The project homepage: [https://markvis.js.org/](https://markvis.js.org/) You
can have a try online: [https://markvis-editor.js.org/](https://markvis-
editor.js.org/) Source code:
[https://github.com/geekplux/markvis](https://github.com/geekplux/markvis)

Motivation

Very often we need to insert some data into our articles to make them more
convincing, and since we are more sensible of information in charts than
statistics, how to easily and conveniently embed a chart in an article is
important. However, common method is to export a chart as an image, then
upload it to an Image Hosting and get a url, finally paste the url to editor,
which is a tedious process from writer's perspective.

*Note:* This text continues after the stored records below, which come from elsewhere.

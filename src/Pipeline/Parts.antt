-- ===== src/Pipeline/Parts.antt =====
-- `Acquire` of src/ChannelImpl.cpp as the sequence of its locked parts.
use pipert.Base.{
  ℕ, ◌≡◌, refl, ◌∙◌, ◌⊎◌, inl, inr, true, false, List, [], ◌∷◌, Option, none, some, arith,
  bind-some, some_cancel, subst, Bool,
}
use pipert.Timer.{Time}
use pipert.Packet.{log_event, packet_dropped}
use pipert.Channel.{log, set_op_timestamp}
use pipert.Pipeline.{
  Pipeline, put_channel, take_packet, get_next, release_packet, drop_packet, try_dropping_packet,
  retry, second_round, stamp_acquired, acquire,
}
use pipert.Pipeline.Consistent.{IsConsistent}
use pipert.Pipeline.Acquiring.{takes, none_free, p₁}

abbrev pub stamped : Pipeline → ℕ → ℕ → Time → Pipeline
stamped q c packet now = put_channel q c (set_op_timestamp (q.channel c) packet now)

abbrev pub dropping_logged : Pipeline → ℕ → Pipeline
dropping_logged q c = put_channel q c (log (q.channel c) (log_event packet_dropped 1))

-- A free packet is taken; or one is taken from the queue, freed, and then a free one is taken.
abbrev pub Parts : Pipeline → ℕ → Time → ℕ → Pipeline → Type 0
Parts p c now packet p' =
    ((q : Pipeline) × (take_packet p c ≡ (some packet, q)) × (p' ≡ stamped q c packet now))
    ⊎ ((dropped : ℕ) × (q r t : Pipeline) × (get_next p c now true ≡ some (some dropped, q))
        × (release_packet q c dropped now true ≡ some r)
        × (take_packet (dropping_logged r c) c ≡ (some packet, t))
        × (p' ≡ stamped t c packet now))

module _ (c packet : ℕ) (now : Time) (p' : Pipeline) where
  stamp_acquired-some :
      (x : Option ℕ) (q : Pipeline)
      → stamp_acquired c now (x, q) ≡ some (some packet, p')
      → (x ≡ some packet) × (p' ≡ stamped q c packet now)
  unfolding stamp_acquired
  stamp_acquired-some none q e = absurd (ground (arith, e))
  stamp_acquired-some (some z) q e =
      let same : some z ≡ some packet = ground (arith, e) in (same, ground (arith, e))

  drop_packet-some :
      (q s : Pipeline) (x : Option ℕ) (dropped : Bool) (t : Pipeline)
      → drop_packet q c now x ≡ some (dropped, s)
      → retry c (dropped, s) ≡ (some packet, t)
      → (y : ℕ) × (r : Pipeline) × (x ≡ some y)
        × (release_packet q c y now true ≡ some r)
        × (take_packet (dropping_logged r c) c ≡ (some packet, t))
  unfolding drop_packet retry
  drop_packet-some q s none dropped t e f = absurd (ground (arith, e, f))
  drop_packet-some q s (some y) false t e f = absurd (ground (arith, f))
  drop_packet-some q s (some y) true t e f =
      let (r, g, h) =
        bind-some (release_packet q c y now true) (λ r. some (true, dropping_logged r c)) (true, s)
          e in
      let same : s ≡ dropping_logged r c = ground (arith, h) in
      (y, r, refl, g, subst (λ x. take_packet x c ≡ (some packet, t)) same f)

  -- The second round of the loop, where the first found no free packet.
  second_round-some :
      (p t : Pipeline)
      → second_round c now (none, p) ≡ some (some packet, t)
      → (y : ℕ) × (q r : Pipeline) × (get_next p c now true ≡ some (some y, q))
        × (release_packet q c y now true ≡ some r)
        × (take_packet (dropping_logged r c) c ≡ (some packet, t))
  unfolding second_round try_dropping_packet
  second_round-some p t e =
      let ((dropped, s), f, g) =
        bind-some (try_dropping_packet p c now) (λ r. some (retry c r)) (some packet, t) e in
      let ((x, q), h, k) =
        bind-some (get_next p c now true) (λ (x, q). drop_packet q c now x) (dropped, s) f in
      let (y, r, same, l, m) = drop_packet-some q s x dropped t k (some_cancel g) in
      (y, q, r, subst (λ z. get_next p c now true ≡ some (z, q)) same h, l, m)

  -- Whatever `Acquire` gives, it comes from its locked parts, one after the other.
  pub acquire-Parts :
      (p : Pipeline) (held : ℕ → List ℕ)
      → IsConsistent p held
      → acquire p c now ≡ some (some packet, p')
      → Parts p c now packet p'
  unfolding acquire second_round
  acquire-Parts p held v e =
      let ((x, t), f, g) =
        bind-some (second_round c now (take_packet p c)) (stamp_acquired c now) (some packet, p')
          e in
      let (found, last) = stamp_acquired-some x t g in
      by_free (p.channel c).free_packets refl t
        (subst (λ z. second_round c now (take_packet p c) ≡ some (z, t)) found f) last
    where
      by_free :
          (l : List ℕ)
          → (p.channel c).free_packets ≡ l
          → (t : Pipeline) → second_round c now (take_packet p c) ≡ some (some packet, t)
          → p' ≡ stamped t c packet now
          → Parts p c now packet p'
      by_free [] none_left t e last =
          let (y, q, r, f, g, h) = second_round-some p t (
            subst (λ z. second_round c now z ≡ some (some packet, t))
              (none_free p held c v now none_left) e) in
          inr (y, q, r, t, f, g, h, last)
      by_free (z ∷ rest) free t e last =
          let found = takes p held c v z rest free now in
          let same : (some z, p₁ p held c v z rest free now) ≡ (some packet, t) =
            some_cancel (rw found at e) in
          inl (t, found ∙ same, last)
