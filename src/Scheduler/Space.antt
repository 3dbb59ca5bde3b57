-- ===== src/Scheduler/Space.antt =====
-- The space of the queues across the job signals of src/SchedulerImpl.cpp.
use pipert.Base.{
  ℕ, ◌≡◌, refl, Bool, true, ◌⊎◌, inl, inr, eq-cases, eq_self, ne_test, Bool-cases, Option, some,
  not, ◌==◌, arith, ltb, ◌||◌, ◌&&◌, if◌then◌else◌, false,
}
use pipert.Timer.{Time, max_time}
use pipert.SteadyHeap.{SteadyHeap, empty, front, occurrences, push_heap}
use pipert.SteadyHeap.Removal.{force_pop_heap-Beside, Beside}
use pipert.Scheduler.{
  ChannelView, SchedulerImpl, EnabledChannelHeap, is_known, queue_of, put_queue, channel_ordering,
  state_ordering, enqueue_state, notify_one, arrive_state, update_state, drop_state, jobs_arrived,
  jobs_updated, jobs_dropped,
}

-- No queue of the scheduler got more space or less, and at most the monitor object `state` got its
-- first queue.
pub record SameSpace (state : ℕ) (d d' : SchedulerImpl) : Type 0 where
  pub states_space : Beside d.state_queue d'.state_queue
  pub channels_space :
      (st : ℕ)
      → Beside (queue_of d.state2channel_queues st).heap (queue_of d'.state2channel_queues st).heap
  pub keys :
      (st : ℕ)
      → is_known (d'.state2channel_queues st) ≡ true
      → (is_known (d.state2channel_queues st) ≡ true) ⊎ (st ≡ state)

-- One queue was replaced by another in its space.
pub put_queue-SameSpace :
    (state : ℕ) (q : EnabledChannelHeap) (d d' : SchedulerImpl)
    → d'.state2channel_queues ≡ put_queue d.state2channel_queues state q
    → Beside (queue_of d.state2channel_queues state).heap q.heap
    → Beside d.state_queue d'.state_queue
    → SameSpace state d d'
unfolding put_queue queue_of
put_queue-SameSpace state q d d' e h s = record {
  states_space = s;
  channels_space = λ st. elim (eq-cases st state) [
    | inl f ↦ rw (e, f, eq_self) h
    | inr n ↦ rw (e, ne_test n) refl
  ];
  keys = λ st. elim (eq-cases st state) [
    | inl f ↦ λ k. inr f
    | inr n ↦ rw (e, ne_test n) (λ k. inl k)
  ];
}

-- The queues of channels are those of `d`, and the state queue is in the space that it had there.
abbrev Requeued : SchedulerImpl → SchedulerImpl → Type 0
Requeued d d' =
    (d'.state2channel_queues ≡ d.state2channel_queues) × Beside d.state_queue d'.state_queue

module _ (v : ChannelView) (d d' : SchedulerImpl) (state : ℕ) where
  arrive_state-Requeued :
      (earliest : Time) → arrive_state v d state earliest ≡ some d' → Requeued d d'
  unfolding arrive_state notify_one enqueue_state push_heap
  arrive_state-Requeued earliest e =
      elim (force_pop_heap-Beside (state_ordering v d.state2channel_queues) d.state_queue state) [
        | inl f ↦ ground (arith, e, f)
        | inr (h, f, b) ↦ ground (arith, e, f, b)
      ]

  update_state-Requeued :
      (was_push : Bool) → update_state v d state was_push ≡ some d' → Requeued d d'
  unfolding update_state notify_one enqueue_state push_heap
  update_state-Requeued was_push e =
      elim (force_pop_heap-Beside (state_ordering v d.state2channel_queues) d.state_queue state) [
        | inl f ↦ ground (arith, e, f)
        | inr (h, f, b) ↦ ground (arith, e, f, b)
      ]

  drop_state-Requeued : drop_state v d state ≡ some d' → Requeued d d'
  unfolding drop_state push_heap
  drop_state-Requeued e =
      elim (force_pop_heap-Beside (state_ordering v d.state2channel_queues) d.state_queue state) [
        | inl f ↦ ground (arith, e, f)
        | inr (h, f, b) ↦ ground (arith, e, f, b)
      ]

module _ (v : ChannelView) (d d' : SchedulerImpl) (c : ℕ) where
  abbrev chq : EnabledChannelHeap
  chq = queue_of d.state2channel_queues (v.get_state c)

  abbrev with_heap : SteadyHeap → SchedulerImpl
  with_heap heap = record d {
    state2channel_queues =
        put_queue d.state2channel_queues (v.get_state c) (record chq { heap = heap });
  }

  -- A signal changes the heap of the channel's object, and requeues the object where `b` says.
  signalled :
      (heap : SteadyHeap) (b : Bool) (r : Option SchedulerImpl)
      → Beside chq.heap heap
      → (r ≡ some d' → Requeued (with_heap heap) d')
      → (if b then r else some (with_heap heap)) ≡ some d'
      → SameSpace (v.get_state c) d d'
  signalled heap true r h k e =
      put_queue-SameSpace (v.get_state c) (record chq { heap = heap }) d d' (k e).0 h (k e).1
  signalled heap false r h k e =
      let same : d' ≡ with_heap heap = ground (arith, e) in
      put_queue-SameSpace (v.get_state c) (record chq { heap = heap }) d d' (rw same refl) h
        (rw same refl)

  pub jobs_arrived-SameSpace : jobs_arrived v d c ≡ some d' → SameSpace (v.get_state c) d d'
  unfolding jobs_arrived
  jobs_arrived-SameSpace e = elim (Bool-cases (occurrences chq.heap c == 0)) [
    | inr f ↦ absurd (ground (arith, e, f))
    | inl f ↦
        let heap = push_heap (channel_ordering v) chq.heap c in
        let earliest = if empty chq.heap then max_time else v.peek_next (front chq.heap) in
        signalled heap (chq.enabled && ltb (v.peek_next (front heap)) earliest)
          (arrive_state v (with_heap heap) (v.get_state c) earliest) (unfold push_heap in refl)
          (arrive_state-Requeued v (with_heap heap) d' (v.get_state c) earliest) (rw f at e)
  ]

  pub jobs_updated-SameSpace :
      (was_push : Bool) → jobs_updated v d c was_push ≡ some d' → SameSpace (v.get_state c) d d'
  unfolding jobs_updated
  jobs_updated-SameSpace was_push e = elim (Bool-cases (empty chq.heap)) [
    | inl f ↦ absurd (ground (arith, e, f))
    | inr f ↦ elim (Bool-cases (occurrences chq.heap c == 1)) [
      | inr g ↦ absurd (ground (arith, e, f, g))
      | inl g ↦ elim (force_pop_heap-Beside (channel_ordering v) chq.heap c) [
        | inl k ↦ absurd (ground (arith, e, f, g, k))
        | inr (rest, k, b) ↦
            let heap = push_heap (channel_ordering v) rest c in
            signalled heap
              (chq.enabled
                && (not (v.peek_next (front heap) == v.peek_next (front chq.heap))
                    || front chq.heap == c))
              (update_state v (with_heap heap) (v.get_state c) was_push) (unfold push_heap in b)
              (update_state-Requeued v (with_heap heap) d' (v.get_state c) was_push)
              (rw (f, g, k) at e)
      ]
    ]
  ]

  pub jobs_dropped-SameSpace : jobs_dropped v d c ≡ some d' → SameSpace (v.get_state c) d d'
  unfolding jobs_dropped
  jobs_dropped-SameSpace e = elim (Bool-cases (empty chq.heap)) [
    | inl f ↦ absurd (ground (arith, e, f))
    | inr f ↦ elim (Bool-cases (occurrences chq.heap c == 1)) [
      | inr g ↦ absurd (ground (arith, e, f, g))
      | inl g ↦ elim (force_pop_heap-Beside (channel_ordering v) chq.heap c) [
        | inl k ↦ absurd (ground (arith, e, f, g, k))
        | inr (heap, k, b) ↦
            signalled heap (chq.enabled && (front chq.heap == c))
              (drop_state v (with_heap heap) (v.get_state c)) b
              (drop_state-Requeued v (with_heap heap) d' (v.get_state c)) (rw (f, g, k) at e)
      ]
    ]
  ]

Also, it makes the image
loading time become much longer than that of the DOM elements, which may be/is
a bad experience from reader's perspective.

Present situation

The current version is made in my spare time, It provides you with three most-
commonly-used charts: bar charts, line charts and pie charts. But you can use
the API to customize the new chart layout which is easy for you who know about
d3. Welcome any improvement to the current version and other charts you think
useful.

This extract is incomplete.